[Start of Attachment]

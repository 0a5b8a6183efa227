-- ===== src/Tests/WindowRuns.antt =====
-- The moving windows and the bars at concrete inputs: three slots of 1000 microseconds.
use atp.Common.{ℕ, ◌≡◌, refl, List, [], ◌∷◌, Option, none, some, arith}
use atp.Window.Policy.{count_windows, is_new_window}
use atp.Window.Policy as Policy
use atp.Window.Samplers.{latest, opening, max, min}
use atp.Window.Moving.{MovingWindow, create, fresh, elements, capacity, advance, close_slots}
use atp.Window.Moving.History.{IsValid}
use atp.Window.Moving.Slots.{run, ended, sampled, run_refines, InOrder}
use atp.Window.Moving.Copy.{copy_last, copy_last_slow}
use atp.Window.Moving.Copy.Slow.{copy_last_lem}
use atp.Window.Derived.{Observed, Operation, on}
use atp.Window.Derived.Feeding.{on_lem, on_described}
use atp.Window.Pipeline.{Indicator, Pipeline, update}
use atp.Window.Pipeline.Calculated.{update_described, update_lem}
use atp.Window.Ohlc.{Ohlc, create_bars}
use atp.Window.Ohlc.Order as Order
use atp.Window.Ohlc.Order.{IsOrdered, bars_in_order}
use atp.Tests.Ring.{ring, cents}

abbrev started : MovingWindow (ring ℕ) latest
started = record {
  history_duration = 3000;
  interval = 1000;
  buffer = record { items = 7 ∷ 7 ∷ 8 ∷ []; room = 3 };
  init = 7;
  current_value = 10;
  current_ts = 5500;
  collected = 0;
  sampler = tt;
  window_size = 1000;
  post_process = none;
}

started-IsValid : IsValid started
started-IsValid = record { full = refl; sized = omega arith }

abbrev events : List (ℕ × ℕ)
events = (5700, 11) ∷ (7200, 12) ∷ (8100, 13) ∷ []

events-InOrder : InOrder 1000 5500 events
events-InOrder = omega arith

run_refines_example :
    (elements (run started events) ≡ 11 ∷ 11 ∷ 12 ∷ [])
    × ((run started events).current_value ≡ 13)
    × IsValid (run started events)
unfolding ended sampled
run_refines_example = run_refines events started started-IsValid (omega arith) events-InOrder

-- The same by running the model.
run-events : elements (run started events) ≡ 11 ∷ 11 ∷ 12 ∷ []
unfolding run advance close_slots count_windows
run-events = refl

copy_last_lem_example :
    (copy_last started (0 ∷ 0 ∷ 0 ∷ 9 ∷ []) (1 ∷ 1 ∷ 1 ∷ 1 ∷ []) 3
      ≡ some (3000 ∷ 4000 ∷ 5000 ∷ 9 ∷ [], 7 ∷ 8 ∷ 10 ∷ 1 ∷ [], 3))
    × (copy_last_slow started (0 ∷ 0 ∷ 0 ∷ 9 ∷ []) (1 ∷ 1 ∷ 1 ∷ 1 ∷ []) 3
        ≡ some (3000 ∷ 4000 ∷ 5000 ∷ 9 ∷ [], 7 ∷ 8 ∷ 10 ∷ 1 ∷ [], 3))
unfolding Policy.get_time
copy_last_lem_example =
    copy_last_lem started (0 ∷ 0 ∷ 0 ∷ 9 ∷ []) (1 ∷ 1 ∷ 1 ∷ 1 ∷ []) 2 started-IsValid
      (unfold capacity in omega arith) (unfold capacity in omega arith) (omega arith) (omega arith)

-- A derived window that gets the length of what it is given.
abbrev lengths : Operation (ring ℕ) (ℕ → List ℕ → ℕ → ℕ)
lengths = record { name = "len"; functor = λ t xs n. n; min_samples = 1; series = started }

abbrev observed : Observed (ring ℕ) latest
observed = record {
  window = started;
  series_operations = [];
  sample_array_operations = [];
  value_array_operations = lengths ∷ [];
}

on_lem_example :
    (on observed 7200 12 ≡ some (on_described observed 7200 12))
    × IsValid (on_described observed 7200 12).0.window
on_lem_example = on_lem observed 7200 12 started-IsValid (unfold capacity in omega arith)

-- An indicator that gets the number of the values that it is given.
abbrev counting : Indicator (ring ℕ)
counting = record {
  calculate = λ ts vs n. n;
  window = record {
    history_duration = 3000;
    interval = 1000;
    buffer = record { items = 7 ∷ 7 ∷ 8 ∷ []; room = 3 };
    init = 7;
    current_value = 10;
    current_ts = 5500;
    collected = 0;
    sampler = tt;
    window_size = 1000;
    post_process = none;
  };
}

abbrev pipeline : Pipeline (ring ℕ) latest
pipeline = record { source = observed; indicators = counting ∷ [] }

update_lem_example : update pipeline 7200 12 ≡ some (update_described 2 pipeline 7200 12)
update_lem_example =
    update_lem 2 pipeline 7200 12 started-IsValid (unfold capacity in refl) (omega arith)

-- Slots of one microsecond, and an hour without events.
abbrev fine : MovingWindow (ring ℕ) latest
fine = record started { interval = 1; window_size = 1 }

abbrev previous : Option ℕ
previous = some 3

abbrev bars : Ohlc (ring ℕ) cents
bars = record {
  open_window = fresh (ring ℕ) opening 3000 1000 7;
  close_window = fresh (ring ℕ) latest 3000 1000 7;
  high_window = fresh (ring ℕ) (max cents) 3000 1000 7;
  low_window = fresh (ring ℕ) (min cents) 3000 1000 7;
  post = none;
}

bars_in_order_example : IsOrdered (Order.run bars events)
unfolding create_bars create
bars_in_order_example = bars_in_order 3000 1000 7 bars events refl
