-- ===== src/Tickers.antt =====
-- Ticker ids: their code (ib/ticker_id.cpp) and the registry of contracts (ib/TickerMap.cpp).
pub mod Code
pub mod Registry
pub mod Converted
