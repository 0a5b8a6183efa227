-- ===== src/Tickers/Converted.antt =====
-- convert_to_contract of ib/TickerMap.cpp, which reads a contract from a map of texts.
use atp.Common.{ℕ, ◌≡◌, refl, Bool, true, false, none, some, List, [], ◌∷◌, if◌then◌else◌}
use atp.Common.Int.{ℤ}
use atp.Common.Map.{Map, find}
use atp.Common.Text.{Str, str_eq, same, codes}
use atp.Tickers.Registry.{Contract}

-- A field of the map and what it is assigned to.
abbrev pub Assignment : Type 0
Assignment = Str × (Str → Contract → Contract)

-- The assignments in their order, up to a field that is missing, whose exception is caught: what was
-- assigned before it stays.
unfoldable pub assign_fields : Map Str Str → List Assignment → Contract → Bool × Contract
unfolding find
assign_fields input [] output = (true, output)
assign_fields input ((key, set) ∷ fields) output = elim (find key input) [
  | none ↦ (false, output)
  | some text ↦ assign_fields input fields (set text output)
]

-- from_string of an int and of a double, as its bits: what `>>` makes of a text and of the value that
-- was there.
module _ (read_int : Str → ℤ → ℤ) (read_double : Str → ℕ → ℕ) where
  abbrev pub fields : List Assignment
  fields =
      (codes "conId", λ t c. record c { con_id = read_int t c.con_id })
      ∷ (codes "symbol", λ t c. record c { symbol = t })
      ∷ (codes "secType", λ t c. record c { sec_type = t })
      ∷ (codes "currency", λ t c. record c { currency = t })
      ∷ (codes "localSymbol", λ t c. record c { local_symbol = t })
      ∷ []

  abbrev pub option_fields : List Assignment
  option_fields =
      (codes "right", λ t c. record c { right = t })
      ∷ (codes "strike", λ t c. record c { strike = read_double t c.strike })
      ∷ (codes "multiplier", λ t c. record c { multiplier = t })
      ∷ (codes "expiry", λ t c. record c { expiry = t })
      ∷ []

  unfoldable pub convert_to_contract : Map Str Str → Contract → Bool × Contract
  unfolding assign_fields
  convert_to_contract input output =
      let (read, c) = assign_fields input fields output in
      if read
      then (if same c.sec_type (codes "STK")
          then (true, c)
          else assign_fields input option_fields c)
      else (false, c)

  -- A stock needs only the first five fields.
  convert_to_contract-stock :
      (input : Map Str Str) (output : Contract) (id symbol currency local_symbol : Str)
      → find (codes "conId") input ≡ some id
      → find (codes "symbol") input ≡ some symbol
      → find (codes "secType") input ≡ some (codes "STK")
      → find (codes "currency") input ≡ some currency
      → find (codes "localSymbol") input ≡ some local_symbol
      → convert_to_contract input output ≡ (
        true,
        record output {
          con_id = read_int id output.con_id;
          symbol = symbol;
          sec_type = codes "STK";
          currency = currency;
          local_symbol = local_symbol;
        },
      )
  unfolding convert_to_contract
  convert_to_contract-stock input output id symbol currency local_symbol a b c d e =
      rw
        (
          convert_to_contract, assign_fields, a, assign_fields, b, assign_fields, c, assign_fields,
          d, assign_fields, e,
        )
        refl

[End of Attachment]
[Start of Attachment]

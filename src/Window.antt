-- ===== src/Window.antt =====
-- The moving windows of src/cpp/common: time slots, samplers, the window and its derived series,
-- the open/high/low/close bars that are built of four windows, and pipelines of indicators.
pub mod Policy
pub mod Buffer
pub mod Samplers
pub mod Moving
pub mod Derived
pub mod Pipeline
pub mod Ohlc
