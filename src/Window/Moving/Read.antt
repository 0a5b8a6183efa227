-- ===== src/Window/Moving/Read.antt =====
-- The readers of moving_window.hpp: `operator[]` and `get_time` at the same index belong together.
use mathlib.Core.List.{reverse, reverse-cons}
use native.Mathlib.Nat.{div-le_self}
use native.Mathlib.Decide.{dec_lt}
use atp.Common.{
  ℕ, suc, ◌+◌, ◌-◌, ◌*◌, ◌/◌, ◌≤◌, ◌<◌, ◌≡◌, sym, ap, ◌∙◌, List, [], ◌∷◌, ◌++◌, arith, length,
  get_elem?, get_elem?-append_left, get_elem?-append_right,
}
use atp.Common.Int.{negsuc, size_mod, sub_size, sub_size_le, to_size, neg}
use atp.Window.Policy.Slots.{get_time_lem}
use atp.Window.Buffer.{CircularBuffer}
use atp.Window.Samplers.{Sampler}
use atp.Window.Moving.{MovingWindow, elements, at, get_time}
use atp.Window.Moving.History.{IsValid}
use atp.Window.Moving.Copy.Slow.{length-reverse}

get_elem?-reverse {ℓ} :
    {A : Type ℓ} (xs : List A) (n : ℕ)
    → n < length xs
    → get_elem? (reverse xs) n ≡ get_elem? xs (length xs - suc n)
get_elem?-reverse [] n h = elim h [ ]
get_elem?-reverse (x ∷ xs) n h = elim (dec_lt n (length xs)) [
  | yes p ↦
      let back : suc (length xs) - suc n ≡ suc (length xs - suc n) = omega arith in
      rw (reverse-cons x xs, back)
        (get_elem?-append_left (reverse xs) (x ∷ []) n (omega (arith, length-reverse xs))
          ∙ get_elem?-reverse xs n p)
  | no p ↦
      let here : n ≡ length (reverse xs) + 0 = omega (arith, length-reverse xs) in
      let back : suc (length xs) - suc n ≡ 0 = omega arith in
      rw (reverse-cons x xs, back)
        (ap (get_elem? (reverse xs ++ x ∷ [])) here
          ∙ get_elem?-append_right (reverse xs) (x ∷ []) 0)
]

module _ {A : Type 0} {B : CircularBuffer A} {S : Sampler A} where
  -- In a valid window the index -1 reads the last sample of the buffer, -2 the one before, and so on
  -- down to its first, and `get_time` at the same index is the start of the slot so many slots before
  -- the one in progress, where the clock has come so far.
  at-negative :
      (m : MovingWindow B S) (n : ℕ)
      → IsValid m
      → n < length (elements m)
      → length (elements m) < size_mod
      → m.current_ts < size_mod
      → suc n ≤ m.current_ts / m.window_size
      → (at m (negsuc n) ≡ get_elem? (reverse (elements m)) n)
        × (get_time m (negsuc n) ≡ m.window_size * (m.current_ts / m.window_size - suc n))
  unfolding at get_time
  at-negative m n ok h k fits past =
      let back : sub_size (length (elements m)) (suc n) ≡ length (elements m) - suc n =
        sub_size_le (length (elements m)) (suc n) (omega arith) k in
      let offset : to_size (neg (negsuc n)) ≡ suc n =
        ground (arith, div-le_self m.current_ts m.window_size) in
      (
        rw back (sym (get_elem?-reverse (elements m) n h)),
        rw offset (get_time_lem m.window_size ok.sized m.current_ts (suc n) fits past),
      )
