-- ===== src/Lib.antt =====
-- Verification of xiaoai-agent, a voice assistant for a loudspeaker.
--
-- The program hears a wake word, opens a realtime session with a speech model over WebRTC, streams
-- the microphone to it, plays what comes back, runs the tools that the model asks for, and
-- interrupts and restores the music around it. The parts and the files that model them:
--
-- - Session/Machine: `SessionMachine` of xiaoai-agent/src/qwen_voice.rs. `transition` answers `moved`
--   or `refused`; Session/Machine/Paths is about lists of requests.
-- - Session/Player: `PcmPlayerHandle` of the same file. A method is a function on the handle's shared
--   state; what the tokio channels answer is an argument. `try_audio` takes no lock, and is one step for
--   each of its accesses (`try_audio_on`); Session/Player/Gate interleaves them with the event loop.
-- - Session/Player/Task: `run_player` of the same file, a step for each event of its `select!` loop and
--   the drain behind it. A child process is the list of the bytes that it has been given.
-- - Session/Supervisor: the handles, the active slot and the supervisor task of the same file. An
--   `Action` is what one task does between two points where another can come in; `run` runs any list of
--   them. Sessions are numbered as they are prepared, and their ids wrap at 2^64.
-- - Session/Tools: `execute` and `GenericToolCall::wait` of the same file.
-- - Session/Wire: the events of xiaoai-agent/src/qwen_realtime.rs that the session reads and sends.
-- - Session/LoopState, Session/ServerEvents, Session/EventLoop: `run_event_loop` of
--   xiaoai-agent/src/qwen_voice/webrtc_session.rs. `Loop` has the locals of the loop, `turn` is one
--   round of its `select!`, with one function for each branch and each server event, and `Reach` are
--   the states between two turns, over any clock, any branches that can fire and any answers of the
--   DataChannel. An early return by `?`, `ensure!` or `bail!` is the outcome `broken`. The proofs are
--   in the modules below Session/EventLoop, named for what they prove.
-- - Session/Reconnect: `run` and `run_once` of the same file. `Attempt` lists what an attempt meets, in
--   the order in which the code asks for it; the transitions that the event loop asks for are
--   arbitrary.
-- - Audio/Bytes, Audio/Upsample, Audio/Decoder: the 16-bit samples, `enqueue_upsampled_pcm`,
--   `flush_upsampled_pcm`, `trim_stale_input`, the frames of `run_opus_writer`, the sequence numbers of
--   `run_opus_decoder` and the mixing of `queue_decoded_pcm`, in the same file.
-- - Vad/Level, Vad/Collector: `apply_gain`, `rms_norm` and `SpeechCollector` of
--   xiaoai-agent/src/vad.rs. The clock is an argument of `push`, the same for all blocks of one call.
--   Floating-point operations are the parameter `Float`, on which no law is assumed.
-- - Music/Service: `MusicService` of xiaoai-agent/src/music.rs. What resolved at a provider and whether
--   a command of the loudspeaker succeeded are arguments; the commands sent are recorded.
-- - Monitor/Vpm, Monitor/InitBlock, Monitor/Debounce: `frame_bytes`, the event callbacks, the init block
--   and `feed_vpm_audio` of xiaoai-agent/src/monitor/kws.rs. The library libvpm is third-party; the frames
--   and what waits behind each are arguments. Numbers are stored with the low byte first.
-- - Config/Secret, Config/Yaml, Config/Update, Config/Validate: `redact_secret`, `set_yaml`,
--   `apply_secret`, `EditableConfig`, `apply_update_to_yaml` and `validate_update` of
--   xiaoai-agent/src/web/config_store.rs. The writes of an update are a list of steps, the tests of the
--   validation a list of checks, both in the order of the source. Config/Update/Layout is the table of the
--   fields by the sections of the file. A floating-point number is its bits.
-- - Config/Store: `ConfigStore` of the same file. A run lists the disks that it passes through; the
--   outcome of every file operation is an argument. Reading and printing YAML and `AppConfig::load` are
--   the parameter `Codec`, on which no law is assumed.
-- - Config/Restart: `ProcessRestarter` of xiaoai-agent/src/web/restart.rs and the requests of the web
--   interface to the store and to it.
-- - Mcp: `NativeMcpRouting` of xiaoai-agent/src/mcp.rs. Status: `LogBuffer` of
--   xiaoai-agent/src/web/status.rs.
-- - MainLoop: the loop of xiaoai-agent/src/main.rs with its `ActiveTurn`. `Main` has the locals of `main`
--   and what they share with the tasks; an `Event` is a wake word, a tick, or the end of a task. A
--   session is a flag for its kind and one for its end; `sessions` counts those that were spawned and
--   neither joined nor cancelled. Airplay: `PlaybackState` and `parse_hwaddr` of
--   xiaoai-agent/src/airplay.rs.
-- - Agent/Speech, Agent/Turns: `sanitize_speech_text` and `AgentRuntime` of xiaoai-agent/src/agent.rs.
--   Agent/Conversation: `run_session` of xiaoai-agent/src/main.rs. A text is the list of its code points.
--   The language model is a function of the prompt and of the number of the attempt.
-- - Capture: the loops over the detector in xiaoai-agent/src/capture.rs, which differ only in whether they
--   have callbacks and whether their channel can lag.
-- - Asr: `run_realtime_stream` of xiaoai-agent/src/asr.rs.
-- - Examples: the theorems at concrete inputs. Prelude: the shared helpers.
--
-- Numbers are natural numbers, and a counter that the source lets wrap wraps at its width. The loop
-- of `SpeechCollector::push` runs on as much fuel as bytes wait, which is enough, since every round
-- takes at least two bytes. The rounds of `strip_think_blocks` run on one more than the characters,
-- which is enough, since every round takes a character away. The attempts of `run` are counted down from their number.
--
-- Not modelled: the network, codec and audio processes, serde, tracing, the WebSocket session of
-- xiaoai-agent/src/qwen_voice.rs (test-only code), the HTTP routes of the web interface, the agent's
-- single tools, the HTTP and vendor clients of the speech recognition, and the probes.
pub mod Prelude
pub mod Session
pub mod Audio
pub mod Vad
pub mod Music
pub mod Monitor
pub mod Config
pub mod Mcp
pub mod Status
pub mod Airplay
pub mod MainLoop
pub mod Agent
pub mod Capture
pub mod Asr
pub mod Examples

[End of Attachment]

== Task item ==
All lines above from the one with "IsValid (run started events)" to the one with "(unfold capacity in omega arith) (unfold", inclusive, should be copied exactly, and no other lines.

== Written response ==
    × IsValid (run started events)
unfolding ended sampled
run_refines_example = run_refines events started started-IsValid (omega arith) events-InOrder

-- The same by running the model.
run-events : elements (run started events) ≡ 11 ∷ 11 ∷ 12 ∷ []
unfolding run advance close_slots count_windows
run-events = refl

copy_last_lem_example :
    (copy_last started (0 ∷ 0 ∷ 0 ∷ 9 ∷ []) (1 ∷ 1 ∷ 1 ∷ 1 ∷ []) 3
      ≡ some (3000 ∷ 4000 ∷ 5000 ∷ 9 ∷ [], 7 ∷ 8 ∷ 10 ∷ 1 ∷ [], 3))
    × (copy_last_slow started (0 ∷ 0 ∷ 0 ∷ 9 ∷ []) (1 ∷ 1 ∷ 1 ∷ 1 ∷ []) 3
        ≡ some (3000 ∷ 4000 ∷ 5000 ∷ 9 ∷ [], 7 ∷ 8 ∷ 10 ∷ 1 ∷ [], 3))
unfolding Policy.get_time
copy_last_lem_example =
    copy_last_lem started (0 ∷ 0 ∷ 0 ∷ 9 ∷ []) (1 ∷ 1 ∷ 1 ∷ 1 ∷ []) 2 started-IsValid
      (unfold capacity in omega arith) (unfold capacity in omega arith) (omega arith) (omega arith)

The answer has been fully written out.